Information criteria based model assessment

Author

Andreas Handel

Published

2024-01-25

Modified

2024-03-20

Overview

This unit discusses the idea of assessing model performance based on information criteria.

Learning Objectives

  • Be familiar with the idea of information criteria.
  • Know when to use information criteria.

Introduction

The previous units introduced the idea that you want to assess the performance of your models on external/new data. You then learned about the train/test and cross-validation approaches to try and get a more honest assessment of the quality of your models.

Here, we’ll cover alternative approaches that you can use if you are not able to use CV (e.g., because you don’t have enough data or your data/model take too long to run a CV analysis.)

Information criteria

Information criteria, such as AIC, BIC, DIC, WAIC and similar, compute a measure that is a trade-off between good fit to the data (low-cost function/high performance) and model complexity (number of parameters). Approaches based on such selection criteria essentially try to guess how the model would perform if it were to be fit to new data, without actually trying to do it (in contrast to CV).

The disadvantage is that these guesses as to how the model might perform on new data are not as reliable as actually evaluating model performance on such data through CV. The advantage is that no sampling is needed, which means these approaches are much less computationally intensive. For all those information criteria, things are set up that a model with a smaller value is considered better. These measures - thankfully! - do not have the arbitrary p<0.05 value cut-off common in frequentist statistics. For AIC, a rule of thumb is that a difference of 10 between 2 models is meaningful. (Unfortunately, people seem to not be able to make their own decisions and need crutches, so arbitrary cut-offs for AIC/BIC/etc. have started to show up in the literature.)
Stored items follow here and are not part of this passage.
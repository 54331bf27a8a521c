-- ===== src/Core/Serialization/Wire.antt =====
-- The wire states of crates/keymesh-core/src/serialization/mod.rs.
use key_mesh.Prelude.{ℕ, ◌≡◌, ◌↔◌, arith}
use key_mesh.Prelude.Outcome.{ok}
use key_mesh.Core.Serialization.{WireRecoveryState, discriminant, try_from}

-- A byte is read as a state exactly when it is that state's discriminant.
pub try_from_iff : (v : ℕ) (s : WireRecoveryState) → (try_from v ≡ ok s) ↔ (v ≡ discriminant s)
unfolding try_from discriminant
try_from_iff v s = (λ h. ground arith, λ h. ground arith)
There is a lot of math behind information criteria. It doesn’t hurt learning a bit more (see the further resources section). However, you can also just use these criteria without having to understand too much about them. A lot of statistical software can compute these criteria, and if you are not able to use CV approaches, using a information criterion can be a good idea. But beware of “researcher degrees of freedom”. You shouldn’t compute a lot of different criteria and then pick the one that gives you the answer you are looking for. If you compute more than one, you need to report that. And if they disagree (e.g., AIC prefers model 1, and BIC prefers model 2), you’ll have to figure out what that means.

Summary

This summarizes the whole idea of model performance evaluation. To repeat (again): We generally want to know how well a model performs in general and on new data - not the sample we fit it to. Testing/reporting model performance for the data the model was fit to very often leads to overfitting and optimistic/wrong conclusions about new/future data. To minimize overfitting, here is my recommended strategy (I’m sure it’s not the only one, so what matters most is that you clearly think about what each step in your analysis means/implies):

  • If you have enough data and care about predictive performance, set some data aside for a final validation/test. If you don’t have a lot of data, you might need to skip this split.
  • If you choose to use all your data for model fitting purposes, and don’t evaluate your model on data not used during model building/training, you need to interpret your findings as exploratory and hypothesis generating, and you need to be careful about trying to draw generalizable conclusions.
  • If you have enough data (>100s observations) and CPU power, use cross-validation (CV) approaches to determine the best model. If for some reason (mainly computational time or small data) CV is not feasible, use AIC & Co.
  • Think carefully about your cost function/metric! A model that is great at predicting the wrong outcome is useless!
  • No matter what approach you use, choosing a model based on performance alone is not enough.

Further Resources

Test yourself

Which of the following is NOT a common information criterion?

Information criteria provide estimates of model performance on new data that are as good as those obtained from a train/test approach.

You should try many different information criteria and choose the one which gives the best results.

Practice

  • Check publications in your area of interest to find an example of a data analysis that used an information criterion approach to choose between models. Assess if you think the authors implemented and reported their findings appropriately. Consider if the authors could/should have used a train/test and/or CV approach instead.